__EXERCISE DIRECTIONS__
From the records below, extract only the lines running from the line with "pub record VersionRow : Type 0 where" to the line with "-- constraint UNIQUE", both lines included, reproducing them exactly.

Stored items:
=== Begin Enclosure ===
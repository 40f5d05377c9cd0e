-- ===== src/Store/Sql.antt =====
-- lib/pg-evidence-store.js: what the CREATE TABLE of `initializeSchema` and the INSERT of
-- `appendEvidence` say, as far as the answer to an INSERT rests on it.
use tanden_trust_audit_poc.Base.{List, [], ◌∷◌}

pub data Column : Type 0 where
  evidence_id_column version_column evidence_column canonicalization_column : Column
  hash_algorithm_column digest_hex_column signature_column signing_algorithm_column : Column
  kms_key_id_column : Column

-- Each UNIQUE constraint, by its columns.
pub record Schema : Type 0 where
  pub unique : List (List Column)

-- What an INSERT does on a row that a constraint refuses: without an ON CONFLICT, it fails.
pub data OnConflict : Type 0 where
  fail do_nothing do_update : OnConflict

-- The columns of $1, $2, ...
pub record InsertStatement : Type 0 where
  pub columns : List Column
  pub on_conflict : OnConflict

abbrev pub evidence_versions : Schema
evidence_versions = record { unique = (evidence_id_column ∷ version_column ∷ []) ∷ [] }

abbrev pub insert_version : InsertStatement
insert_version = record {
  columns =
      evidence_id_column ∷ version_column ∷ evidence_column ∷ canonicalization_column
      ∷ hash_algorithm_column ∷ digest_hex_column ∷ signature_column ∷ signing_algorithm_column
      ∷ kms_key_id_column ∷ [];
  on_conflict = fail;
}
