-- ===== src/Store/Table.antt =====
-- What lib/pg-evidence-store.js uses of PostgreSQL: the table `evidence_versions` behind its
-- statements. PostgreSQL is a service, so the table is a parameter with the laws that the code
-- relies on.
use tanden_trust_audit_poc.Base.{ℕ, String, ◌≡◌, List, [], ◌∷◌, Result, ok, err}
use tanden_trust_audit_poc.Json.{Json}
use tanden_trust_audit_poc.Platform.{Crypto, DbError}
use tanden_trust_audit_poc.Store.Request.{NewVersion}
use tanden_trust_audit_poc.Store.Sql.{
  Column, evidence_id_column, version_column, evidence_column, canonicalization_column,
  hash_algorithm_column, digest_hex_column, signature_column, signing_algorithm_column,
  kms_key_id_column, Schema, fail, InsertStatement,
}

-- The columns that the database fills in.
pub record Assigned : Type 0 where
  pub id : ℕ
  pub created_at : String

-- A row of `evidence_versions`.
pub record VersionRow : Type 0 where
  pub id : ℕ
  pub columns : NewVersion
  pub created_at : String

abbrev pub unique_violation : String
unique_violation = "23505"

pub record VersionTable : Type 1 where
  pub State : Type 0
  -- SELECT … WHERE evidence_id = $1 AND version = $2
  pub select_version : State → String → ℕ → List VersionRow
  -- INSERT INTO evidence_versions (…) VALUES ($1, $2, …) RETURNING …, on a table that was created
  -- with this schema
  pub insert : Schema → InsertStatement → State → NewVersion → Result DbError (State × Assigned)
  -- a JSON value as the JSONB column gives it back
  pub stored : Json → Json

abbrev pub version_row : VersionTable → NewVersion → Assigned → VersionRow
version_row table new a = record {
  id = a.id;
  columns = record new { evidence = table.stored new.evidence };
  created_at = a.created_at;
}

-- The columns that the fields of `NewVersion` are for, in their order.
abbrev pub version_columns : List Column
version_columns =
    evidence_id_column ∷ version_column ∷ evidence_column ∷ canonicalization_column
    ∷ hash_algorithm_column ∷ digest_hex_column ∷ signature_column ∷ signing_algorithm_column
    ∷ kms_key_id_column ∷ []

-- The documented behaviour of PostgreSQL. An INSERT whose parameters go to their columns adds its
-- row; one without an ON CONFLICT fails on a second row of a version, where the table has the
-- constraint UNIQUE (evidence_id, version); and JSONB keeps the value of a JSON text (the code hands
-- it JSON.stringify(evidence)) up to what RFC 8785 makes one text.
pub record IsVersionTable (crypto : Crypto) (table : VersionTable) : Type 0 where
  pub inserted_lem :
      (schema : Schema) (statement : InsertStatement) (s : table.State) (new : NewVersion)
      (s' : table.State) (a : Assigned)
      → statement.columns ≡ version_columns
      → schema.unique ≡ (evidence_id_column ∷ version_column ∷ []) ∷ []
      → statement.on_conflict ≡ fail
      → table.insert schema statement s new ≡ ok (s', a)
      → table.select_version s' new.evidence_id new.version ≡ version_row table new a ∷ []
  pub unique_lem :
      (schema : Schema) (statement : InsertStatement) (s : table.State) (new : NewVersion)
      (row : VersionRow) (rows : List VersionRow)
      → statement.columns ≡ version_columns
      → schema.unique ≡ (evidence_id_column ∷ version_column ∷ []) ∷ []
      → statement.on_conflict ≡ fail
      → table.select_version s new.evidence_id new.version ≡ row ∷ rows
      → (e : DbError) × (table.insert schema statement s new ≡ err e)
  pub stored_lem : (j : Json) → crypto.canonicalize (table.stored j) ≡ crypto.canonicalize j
=== End Enclosure ===
__RESPONSE TO THIS EXERCISE__
pub record VersionRow : Type 0 where
  pub id : ℕ
  pub columns : NewVersion
  pub created_at : String

abbrev pub unique_violation : String
unique_violation = "23505"

pub record VersionTable : Type 1 where
  pub State : Type 0
  -- SELECT … WHERE evidence_id = $1 AND version = $2
  pub select_version : State → String → ℕ → List VersionRow
  -- INSERT INTO evidence_versions (…) VALUES ($1, $2, …) RETURNING …, on a table that was created
  -- with this schema
  pub insert : Schema → InsertStatement → State → NewVersion → Result DbError (State × Assigned)
  -- a JSON value as the JSONB column gives it back
  pub stored : Json → Json

abbrev pub version_row : VersionTable → NewVersion → Assigned → VersionRow
version_row table new a = record {
  id = a.id;
  columns = record new { evidence = table.stored new.evidence };
  created_at = a.created_at;
}

-- The columns that the fields of `NewVersion` are for, in their order.
abbrev pub version_columns : List Column
version_columns =
    evidence_id_column ∷ version_column ∷ evidence_column ∷ canonicalization_column
    ∷ hash_algorithm_column ∷ digest_hex_column ∷ signature_column ∷ signing_algorithm_column
    ∷ kms_key_id_column ∷ []

-- The documented behaviour of PostgreSQL. An INSERT whose parameters go to their columns adds its
-- row; one without an ON CONFLICT fails on a second row of a version, where the table has the
-- constraint UNIQUE (evidence_id, version); and JSONB keeps the value of a JSON text (the code hands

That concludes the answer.